THE TASK: Please repeat every entry that follows, keeping each one exactly the same.

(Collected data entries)
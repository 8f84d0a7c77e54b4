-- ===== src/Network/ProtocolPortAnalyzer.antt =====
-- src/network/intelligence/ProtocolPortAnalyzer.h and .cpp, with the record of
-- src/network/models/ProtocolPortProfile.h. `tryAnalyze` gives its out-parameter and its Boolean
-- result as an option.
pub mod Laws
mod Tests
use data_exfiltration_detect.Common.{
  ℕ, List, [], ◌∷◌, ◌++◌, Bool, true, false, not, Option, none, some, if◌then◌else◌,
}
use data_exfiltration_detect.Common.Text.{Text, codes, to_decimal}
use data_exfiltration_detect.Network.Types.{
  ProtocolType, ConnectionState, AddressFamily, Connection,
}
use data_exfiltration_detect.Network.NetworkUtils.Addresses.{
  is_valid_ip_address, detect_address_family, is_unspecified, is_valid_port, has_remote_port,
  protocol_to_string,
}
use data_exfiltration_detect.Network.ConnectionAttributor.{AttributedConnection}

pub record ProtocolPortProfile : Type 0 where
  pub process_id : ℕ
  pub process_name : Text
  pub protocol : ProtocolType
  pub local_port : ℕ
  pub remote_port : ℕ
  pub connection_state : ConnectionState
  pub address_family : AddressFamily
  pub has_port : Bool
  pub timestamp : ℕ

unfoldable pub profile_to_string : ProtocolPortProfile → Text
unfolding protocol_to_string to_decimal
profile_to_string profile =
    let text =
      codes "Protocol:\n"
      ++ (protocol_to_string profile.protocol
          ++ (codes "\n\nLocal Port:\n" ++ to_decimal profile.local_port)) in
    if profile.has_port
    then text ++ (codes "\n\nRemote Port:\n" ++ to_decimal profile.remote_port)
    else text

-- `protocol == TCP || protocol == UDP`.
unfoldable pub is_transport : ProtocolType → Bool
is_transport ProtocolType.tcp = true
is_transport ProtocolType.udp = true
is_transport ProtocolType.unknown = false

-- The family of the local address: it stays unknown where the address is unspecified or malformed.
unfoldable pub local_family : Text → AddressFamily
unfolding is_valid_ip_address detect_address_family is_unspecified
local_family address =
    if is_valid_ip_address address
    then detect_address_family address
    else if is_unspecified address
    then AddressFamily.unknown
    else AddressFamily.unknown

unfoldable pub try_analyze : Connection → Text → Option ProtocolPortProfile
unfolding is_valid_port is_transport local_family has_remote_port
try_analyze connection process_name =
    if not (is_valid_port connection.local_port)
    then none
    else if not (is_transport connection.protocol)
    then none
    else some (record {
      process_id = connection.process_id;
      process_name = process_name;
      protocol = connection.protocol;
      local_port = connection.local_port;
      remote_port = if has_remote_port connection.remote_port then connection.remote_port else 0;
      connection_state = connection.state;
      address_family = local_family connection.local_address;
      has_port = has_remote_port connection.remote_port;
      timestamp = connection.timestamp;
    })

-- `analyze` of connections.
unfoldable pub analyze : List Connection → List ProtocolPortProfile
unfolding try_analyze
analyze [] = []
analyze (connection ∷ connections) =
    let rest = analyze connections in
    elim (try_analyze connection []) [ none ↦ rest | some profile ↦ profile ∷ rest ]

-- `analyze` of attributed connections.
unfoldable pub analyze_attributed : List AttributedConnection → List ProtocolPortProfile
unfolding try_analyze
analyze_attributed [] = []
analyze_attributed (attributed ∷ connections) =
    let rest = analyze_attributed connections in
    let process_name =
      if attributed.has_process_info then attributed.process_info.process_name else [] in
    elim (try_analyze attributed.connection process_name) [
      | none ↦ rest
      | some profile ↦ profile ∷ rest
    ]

ANSWER BOX:
repository 8f84d0a7c77e54b4
-- ===== src/Network/ProtocolPortAnalyzer.antt =====
-- src/network/intelligence/ProtocolPortAnalyzer.h and .cpp, with the record of
-- src/network/models/ProtocolPortProfile.h. `tryAnalyze` gives its out-parameter and its Boolean
-- result as an option.
pub mod Laws
mod Tests
use data_exfiltration_detect.Common.{
  ℕ, List, [], ◌∷◌, ◌++◌, Bool, true, false, not, Option, none, some, if◌then◌else◌,
}
use data_exfiltration_detect.Common.Text.{Text, codes, to_decimal}
use data_exfiltration_detect.Network.Types.{
  ProtocolType, ConnectionState, AddressFamily, Connection,
}
use data_exfiltration_detect.Network.NetworkUtils.Addresses.{
  is_valid_ip_address, detect_address_family, is_unspecified, is_valid_port, has_remote_port,
  protocol_to_string,
}
use data_exfiltration_detect.Network.ConnectionAttributor.{AttributedConnection}

pub record ProtocolPortProfile : Type 0 where
  pub process_id : ℕ
  pub process_name : Text
  pub protocol : ProtocolType
  pub local_port : ℕ
  pub remote_port : ℕ
  pub connection_state : ConnectionState
  pub address_family : AddressFamily
  pub has_port : Bool
  pub timestamp : ℕ

unfoldable pub profile_to_string : ProtocolPortProfile → Text
unfolding protocol_to_string to_decimal
profile_to_string profile =
    let text =
      codes "Protocol:\n"
      ++ (protocol_to_string profile.protocol
          ++ (codes "\n\nLocal Port:\n" ++ to_decimal profile.local_port)) in
    if profile.has_port
    then text ++ (codes "\n\nRemote Port:\n" ++ to_decimal profile.remote_port)
    else text

-- `protocol == TCP || protocol == UDP`.
unfoldable pub is_transport : ProtocolType → Bool
is_transport ProtocolType.tcp = true
is_transport ProtocolType.udp = true
is_transport ProtocolType.unknown = false

-- The family of the local address: it stays unknown where the address is unspecified or malformed.
unfoldable pub local_family : Text → AddressFamily
unfolding is_valid_ip_address detect_address_family is_unspecified
local_family address =
    if is_valid_ip_address address
    then detect_address_family address
    else if is_unspecified address
    then AddressFamily.unknown
    else AddressFamily.unknown

unfoldable pub try_analyze : Connection → Text → Option ProtocolPortProfile
unfolding is_valid_port is_transport local_family has_remote_port
try_analyze connection process_name =
    if not (is_valid_port connection.local_port)
    then none
    else if not (is_transport connection.protocol)
    then none
    else some (record {
      process_id = connection.process_id;
      process_name = process_name;
      protocol = connection.protocol;
      local_port = connection.local_port;
      remote_port = if has_remote_port connection.remote_port then connection.remote_port else 0;
      connection_state = connection.state;
      address_family = local_family connection.local_address;
      has_port = has_remote_port connection.remote_port;
      timestamp = connection.timestamp;
    })

-- `analyze` of connections.
unfoldable pub analyze : List Connection → List ProtocolPortProfile
unfolding try_analyze
analyze [] = []
analyze (connection ∷ connections) =
    let rest = analyze connections in
    elim (try_analyze connection []) [ none ↦ rest | some profile ↦ profile ∷ rest ]

-- `analyze` of attributed connections.
unfoldable pub analyze_attributed : List AttributedConnection → List ProtocolPortProfile
unfolding try_analyze
analyze_attributed [] = []
analyze_attributed (attributed ∷ connections) =
    let rest = analyze_attributed connections in
    let process_name =
      if attributed.has_process_info then attributed.process_info.process_name else [] in
    elim (try_analyze attributed.connection process_name) [
      | none ↦ rest
      | some profile ↦ profile ∷ rest
    ]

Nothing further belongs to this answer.